ITパスポート試験 過去問解説

PKIとは?ITパスポート試験 2016年 (平成28年 秋期) 問55を解説

ITパスポート試験 2016年 (平成28年 秋期) 問55は、PKIに関する理解を問う問題です。検索から入っても、問題文、選択肢、正解、解説、各選択肢がなぜ違うかをこのページだけで確認できます。

問題文

PKIにおいて,ディジタル署名をした電子メールに関する記述として,適切なものだけを全て挙げたものはどれか。 a 送信者が本人であるかを受信者が確認できる。 b 電子メールが途中で盗み見られることを防止できる。 c 電子メールの内容が改ざんされていないことを受信者が確認できる。

この問題の出題ポイント

  • PKIの定義だけでなく、問題文中の条件がどの選択肢に当てはまるかを確認する。
  • テクノロジ系分野では、用語の目的・主体・責任範囲の違いが選択肢で問われやすい。
  • 関連タグ: PKI、ディジタル署名、改ざん検知。

選択肢

  1. a, b
  2. a, c正解
  3. b, c
  4. a, b, c

正解

: a, c

解説

PKI(Public Key Infrastructure,公開鍵基盤)におけるディジタル署名は,送信者が自身の秘密鍵でメッセージのハッシュ値を暗号化し,受信者が送信者の公開鍵でそれを復号・検証することで(a)送信者の本人確認(真正性,なりすまし防止)と(c)メッセージの改ざん検知(完全性)を実現する仕組みである. 一方,(b)の盗聴防止(通信中の盗み見防止=機密性確保)はメール本文そのものを暗号化する別の機能が必要で,公開鍵暗号やS/MIMEなどの暗号化機能を併用しなければディジタル署名単体では実現できない. したがって本問の正解はa(本人確認)とc(改ざん検知)のみを挙げるイとなり,b(盗聴防止)を含む組合せはディジタル署名単独の機能ではないため不適切である.

なぜ他の選択肢が違うのか

  • 誤り. aは正しいがb(電子メールが途中で盗み見られることを防止)はディジタル署名では実現できない機能である. ディジタル署名はメール本文を暗号化する機能ではないため通信中の盗み見(盗聴)は防げず,a+bという組合せは本来のディジタル署名の機能範囲を逸脱した不適切な組合せである.

  • イ(正解)

    正しい. ディジタル署名は送信者の本人確認(a,真正性)と電子メール内容の改ざん検知(c,完全性)の二つを実現する仕組みのため,a,cが両方該当するこの組合せが正解となる. 盗聴防止は別途暗号化が必要で,ディジタル署名単独では実現できないことから,b を除いた a,c の組合せが正しい.
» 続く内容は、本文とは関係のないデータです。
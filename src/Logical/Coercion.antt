-- ===== src/Logical/Coercion.antt =====
-- tinyolap/src/logical_plan/optimizer_rules/type_coercion.rs: a cast to the type of the column
-- around the literal that the column is compared with.
pub mod Laws
use tiny_olap.Base.{
  List, Bool, true, false, Option, none, some, Result, ok, panic, ◌>>=◌, if◌then◌else◌,
}
use tiny_olap.Catalog.{Name, DataType, ColumnSchema, TableSchema, find_column}
use tiny_olap.Logical.Plan.{
  BinaryOp, eq, not_eq, lt, lt_eq, gt, gt_eq, and, or, LogicalExpr, column, literal, binary_op,
  aggregate, cast,
}

-- The code has no `Err` here, but `expect` panics.
abbrev pub Panics {ℓ} : Type ℓ → Type ℓ
Panics A = Result ⊥ A

unfoldable pub is_comparison_op : BinaryOp → Bool
is_comparison_op and = false
is_comparison_op or = false
is_comparison_op _ = true

-- `.expect("analyzer should have validated column existence")`.
unfoldable pub type_of : TableSchema → Name → Panics DataType
type_of schema col = elim (find_column col schema.columns) [
  | none ↦ panic
  | some c ↦ ok c.data_type
]

unfoldable pub coerce_comparison :
    TableSchema → LogicalExpr → BinaryOp → LogicalExpr → Panics LogicalExpr
coerce_comparison schema (column t c) op (literal v) = do
  ty ← type_of schema c
  ok (binary_op (column t c) op (cast (literal v) ty))
coerce_comparison schema (literal v) op (column t c) = do
  ty ← type_of schema c
  ok (binary_op (cast (literal v) ty) op (column t c))
coerce_comparison schema l op r = ok (binary_op l op r)

unfoldable pub coerce_expr : TableSchema → LogicalExpr → Panics LogicalExpr
coerce_expr schema (binary_op l op r) = do
  left ← coerce_expr schema l
  right ← coerce_expr schema r
  if is_comparison_op op
      then coerce_comparison schema left op right
      else ok (binary_op left op right)
coerce_expr schema (cast e ty) = do inner ← coerce_expr schema e; ok (cast inner ty)
coerce_expr schema (column t c) = ok (column t c)
coerce_expr schema (literal v) = ok (literal v)
coerce_expr schema (aggregate f arg) = ok (aggregate f arg)
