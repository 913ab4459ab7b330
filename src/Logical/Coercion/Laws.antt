-- ===== src/Logical/Coercion/Laws.antt =====
-- What coercion does to an expression.
use tiny_olap.Base.{◌≡◌, refl, inl, inr, true, false, some, ok, arith, if◌then◌else◌, Bool-cases}
use tiny_olap.Catalog.{Name, DataType, ColumnSchema, TableSchema, find_column}
use tiny_olap.Logical.Plan.{
  LiteralValue, BinaryOp, eq, not_eq, lt, lt_eq, gt, gt_eq, and, or, AggFunc, LogicalExpr, column,
  literal, binary_op, aggregate, cast,
}
use tiny_olap.Logical.Coercion.{is_comparison_op, type_of, coerce_comparison, coerce_expr}

-- Every column outside an aggregate is one of the schema.
abbrev pub Known : TableSchema → LogicalExpr → Type 0
Known schema (column t c) = (s : ColumnSchema) × (find_column c schema.columns ≡ some s)
Known schema (literal v) = Unit
Known schema (binary_op l op r) = Known schema l × Known schema r
Known schema (aggregate f arg) = Unit
Known schema (cast e ty) = Known schema e

-- The expression without its casts.
unfoldable pub erase_casts : LogicalExpr → LogicalExpr
erase_casts (binary_op l op r) = binary_op (erase_casts l) op (erase_casts r)
erase_casts (cast e ty) = erase_casts e
erase_casts (column t c) = column t c
erase_casts (literal v) = literal v
erase_casts (aggregate f arg) = aggregate f arg

-- The six comparisons; the other two operators connect truth values.
abbrev pub IsComparison : BinaryOp → Type 0
IsComparison eq = Unit
IsComparison not_eq = Unit
IsComparison lt = Unit
IsComparison lt_eq = Unit
IsComparison gt = Unit
IsComparison gt_eq = Unit
IsComparison and = ⊥
IsComparison or = ⊥

-- No comparison is left between a column and a bare literal.
abbrev pub NotBare : LogicalExpr → BinaryOp → LogicalExpr → Type 0
NotBare (column t c) op (literal v) = ¬ IsComparison op
NotBare (literal v) op (column t c) = ¬ IsComparison op
NotBare l op r = Unit

abbrev pub Coerced : LogicalExpr → Type 0
Coerced (binary_op l op r) = NotBare l op r × Coerced l × Coerced r
Coerced (cast e ty) = Coerced e
Coerced (column t c) = Unit
Coerced (literal v) = Unit
Coerced (aggregate f arg) = Unit

-- An expression and the same one with casts added: around literals compared with a column, each to
-- the type that the schema has for the column, and nowhere else.
pub data CastsAdded (schema : TableSchema) : LogicalExpr → LogicalExpr → Type 0 where
  same_column : (t c : Name) → CastsAdded schema (column t c) (column t c)
  same_literal : (v : LiteralValue) → CastsAdded schema (literal v) (literal v)
  same_aggregate :
      (f : AggFunc) (arg : LogicalExpr) → CastsAdded schema (aggregate f arg) (aggregate f arg)
  under_cast :
      (e out : LogicalExpr) (ty : DataType)
      → CastsAdded schema e out
      → CastsAdded schema (cast e ty) (cast out ty)
  in_operands :
      (a b l r : LogicalExpr) (op : BinaryOp)
      → CastsAdded schema a l
      → CastsAdded schema b r
      → CastsAdded schema (binary_op a op b) (binary_op l op r)
  around_right :
      (t c : Name) (v : LiteralValue) (op : BinaryOp) (a b : LogicalExpr) (s : ColumnSchema)
      → CastsAdded schema a (column t c)
      → CastsAdded schema b (literal v)
      → IsComparison op
      → find_column c schema.columns ≡ some s
      → CastsAdded schema
          (binary_op a op b)
          (binary_op (column t c) op (cast (literal v) s.data_type))
  around_left :
      (t c : Name) (v : LiteralValue) (op : BinaryOp) (a b : LogicalExpr) (s : ColumnSchema)
      → CastsAdded schema a (literal v)
      → CastsAdded schema b (column t c)
      → IsComparison op
      → find_column c schema.columns ≡ some s
      → CastsAdded schema
          (binary_op a op b)
          (binary_op (cast (literal v) s.data_type) op (column t c))

pub record IsCoercion (schema : TableSchema) (e out : LogicalExpr) : Type 0 where
  pub same : erase_casts out ≡ erase_casts e
  pub added : CastsAdded schema e out
  pub coerced : Coerced out
  pub known : Known schema out

type_of-Known :
    (schema : TableSchema) (c : Name) (s : ColumnSchema)
    → find_column c schema.columns ≡ some s
    → type_of schema c ≡ ok s.data_type
unfolding type_of
type_of-Known schema c s h = rw (h, type_of) refl

IsComparison-op : (op : BinaryOp) → is_comparison_op op ≡ true → IsComparison op
unfolding is_comparison_op
IsComparison-op eq h = tt
IsComparison-op not_eq h = tt
IsComparison-op lt h = tt
IsComparison-op lt_eq h = tt
IsComparison-op gt h = tt
IsComparison-op gt_eq h = tt
IsComparison-op and h = ground arith
IsComparison-op or h = ground arith

not_IsComparison : (op : BinaryOp) → is_comparison_op op ≡ false → ¬ IsComparison op
unfolding is_comparison_op
not_IsComparison eq h = λ _. ground arith
not_IsComparison not_eq h = λ _. ground arith
not_IsComparison lt h = λ _. ground arith
not_IsComparison lt_eq h = λ _. ground arith
not_IsComparison gt h = λ _. ground arith
not_IsComparison gt_eq h = λ _. ground arith
not_IsComparison and h = λ x. x
not_IsComparison or h = λ x. x

kept :
    (schema : TableSchema) (a l : LogicalExpr) (op : BinaryOp) (b r : LogicalExpr)
    → IsCoercion schema a l
    → IsCoercion schema b r
    → NotBare l op r
    → IsCoercion schema (binary_op a op b) (binary_op l op r)
unfolding erase_casts
kept schema a l op b r hl hr bare = record {
  same = cc (hl.same, hr.same);
  added = in_operands a b l r op hl.added hr.added;
  coerced = (bare, hl.coerced, hr.coerced);
  known = (hl.known, hr.known);
}

comparison :
    (schema : TableSchema) (a b l : LogicalExpr) (op : BinaryOp) (r : LogicalExpr)
    → IsCoercion schema a l
    → IsCoercion schema b r
    → IsComparison op
    → (out : LogicalExpr) × (coerce_comparison schema l op r ≡ ok out)
      × IsCoercion schema (binary_op a op b) out
unfolding coerce_comparison erase_casts
comparison schema a b (column t c) op (literal v) hl hr is_cmp =
    let (s, found) = hl.known in
    (
      binary_op (column t c) op (cast (literal v) s.data_type),
      rw (type_of-Known schema c s found) refl,
      record {
        same = cc (hl.same, hr.same);
        added = around_right t c v op a b s hl.added hr.added is_cmp found;
        coerced = (tt, tt, tt);
        known = (hl.known, tt);
      },
    )
comparison schema a b (literal v) op (column t c) hl hr is_cmp =
    let (s, found) = hr.known in
    (
      binary_op (cast (literal v) s.data_type) op (column t c),
      rw (type_of-Known schema c s found) refl,
      record {
        same = cc (hl.same, hr.same);
        added = around_left t c v op a b s hl.added hr.added is_cmp found;
        coerced = (tt, tt, tt);
        known = (tt, hr.known);
      },
    )
comparison schema a b (column t c) op (column u d) hl hr is_cmp = (
  binary_op (column t c) op (column u d),
  refl,
  kept schema a (column t c) op b (column u d) hl hr tt,
)
comparison schema a b (column t c) op (binary_op m p n) hl hr is_cmp = (
  binary_op (column t c) op (binary_op m p n),
  refl,
  kept schema a (column t c) op b (binary_op m p n) hl hr tt,
)
comparison schema a b (column t c) op (aggregate g x) hl hr is_cmp = (
  binary_op (column t c) op (aggregate g x),
  refl,
  kept schema a (column t c) op b (aggregate g x) hl hr tt,
)
comparison schema a b (column t c) op (cast y ty) hl hr is_cmp = (
  binary_op (column t c) op (cast y ty),
  refl,
  kept schema a (column t c) op b (cast y ty) hl hr tt,
)
comparison schema a b (literal v) op (literal w) hl hr is_cmp = (
  binary_op (literal v) op (literal w),
  refl,
  kept schema a (literal v) op b (literal w) hl hr tt,
)
comparison schema a b (literal v) op (binary_op m p n) hl hr is_cmp = (
  binary_op (literal v) op (binary_op m p n),
  refl,
  kept schema a (literal v) op b (binary_op m p n) hl hr tt,
)
comparison schema a b (literal v) op (aggregate g x) hl hr is_cmp = (
  binary_op (literal v) op (aggregate g x),
  refl,
  kept schema a (literal v) op b (aggregate g x) hl hr tt,
)
comparison schema a b (literal v) op (cast y ty) hl hr is_cmp = (
  binary_op (literal v) op (cast y ty),
  refl,
  kept schema a (literal v) op b (cast y ty) hl hr tt,
)
comparison schema a b (binary_op m o n) op r hl hr is_cmp =
    (binary_op (binary_op m o n) op r, refl, kept schema a (binary_op m o n) op b r hl hr tt)
comparison schema a b (aggregate f arg) op r hl hr is_cmp =
    (binary_op (aggregate f arg) op r, refl, kept schema a (aggregate f arg) op b r hl hr tt)
comparison schema a b (cast e ty) op r hl hr is_cmp =
    (binary_op (cast e ty) op r, refl, kept schema a (cast e ty) op b r hl hr tt)

-- And and Or keep their coerced operands.
connective :
    (l : LogicalExpr) (op : BinaryOp) (r : LogicalExpr) → ¬ IsComparison op → NotBare l op r
connective (column t c) op (column u d) h = tt
connective (column t c) op (literal w) h = h
connective (column t c) op (binary_op m p n) h = tt
connective (column t c) op (aggregate g x) h = tt
connective (column t c) op (cast y ty) h = tt
connective (literal v) op (column u d) h = h
connective (literal v) op (literal w) h = tt
connective (literal v) op (binary_op m p n) h = tt
connective (literal v) op (aggregate g x) h = tt
connective (literal v) op (cast y ty) h = tt
connective (binary_op a o b) op r h = tt
connective (aggregate f arg) op r h = tt
connective (cast e ty) op r h = tt

pair :
    (schema : TableSchema) (a b l : LogicalExpr) (op : BinaryOp) (r : LogicalExpr)
    → IsCoercion schema a l
    → IsCoercion schema b r
    → (out : LogicalExpr) × ((if is_comparison_op op
          then coerce_comparison schema l op r
          else ok (binary_op l op r))
        ≡ ok out)
      × IsCoercion schema (binary_op a op b) out
pair schema a b l op r hl hr = elim (Bool-cases (is_comparison_op op)) [
  | inl e ↦ rw e (comparison schema a b l op r hl hr (IsComparison-op op e))
  | inr e ↦ rw e (
    binary_op l op r,
    refl,
    kept schema a l op b r hl hr (connective l op r (not_IsComparison op e)),
  )
]

-- Over known columns coercion does not panic. It adds casts only around literals compared with a
-- column, each to the type that the schema has for the column, and changes nothing else; it leaves
-- no column compared with a bare literal by any of the six comparisons.
pub coerce_expr-IsCoercion :
    (schema : TableSchema) (e : LogicalExpr)
    → Known schema e
    → (out : LogicalExpr) × (coerce_expr schema e ≡ ok out) × IsCoercion schema e out
unfolding coerce_expr erase_casts
coerce_expr-IsCoercion schema (binary_op l op r) (kl, kr) =
    let (left, el, hl) = coerce_expr-IsCoercion schema l kl in
    let (right, er, hr) = coerce_expr-IsCoercion schema r kr in
    let (out, e, h) = pair schema l r left op right hl hr in (out, rw (el, er) e, h)
coerce_expr-IsCoercion schema (cast e ty) k =
    let (inner, eq_inner, h) = coerce_expr-IsCoercion schema e k in
    (
      cast inner ty,
      rw eq_inner refl,
      record {
        same = h.same;
        added = under_cast e inner ty h.added;
        coerced = h.coerced;
        known = h.known;
      },
    )
coerce_expr-IsCoercion schema (column t c) k =
    (column t c, refl, record { same = refl; added = same_column t c; coerced = tt; known = k })
coerce_expr-IsCoercion schema (literal v) k =
    (literal v, refl, record { same = refl; added = same_literal v; coerced = tt; known = tt })
coerce_expr-IsCoercion schema (aggregate f arg) k = (
  aggregate f arg,
  refl,
  record { same = refl; added = same_aggregate f arg; coerced = tt; known = tt },
)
  • 誤り. cの改ざん検知は正しいがb(盗聴防止)はディジタル署名では不可能なので,この組合せには含めるべきではない. さらに aの本人確認(真正性)も欠けており,ディジタル署名で実現できる機能の組合せとして不完全であり,適切な組合せとはいえない選択肢である.

  • 誤り. a,cは正しいがb(盗聴防止=通信中の盗み見防止)はディジタル署名単独の機能ではないため,この3つ全てを含む組合せは不適切である. 盗聴防止には別途メール本文の暗号化(公開鍵暗号やS/MIME等)が必要であり,ディジタル署名だけでは実現できない機能を含む選択肢である.

解き方の整理

PKIの問題では、選択肢のキーワードだけで判断せず、問題文が示す条件と正解選択肢の説明が一致しているかを見ます。誤答選択肢は、似た用語を混ぜる、主体を入れ替える、目的や範囲を広げすぎる、という形で作られることが多いため、選択肢別解説まで確認しておくと復習効率が上がります。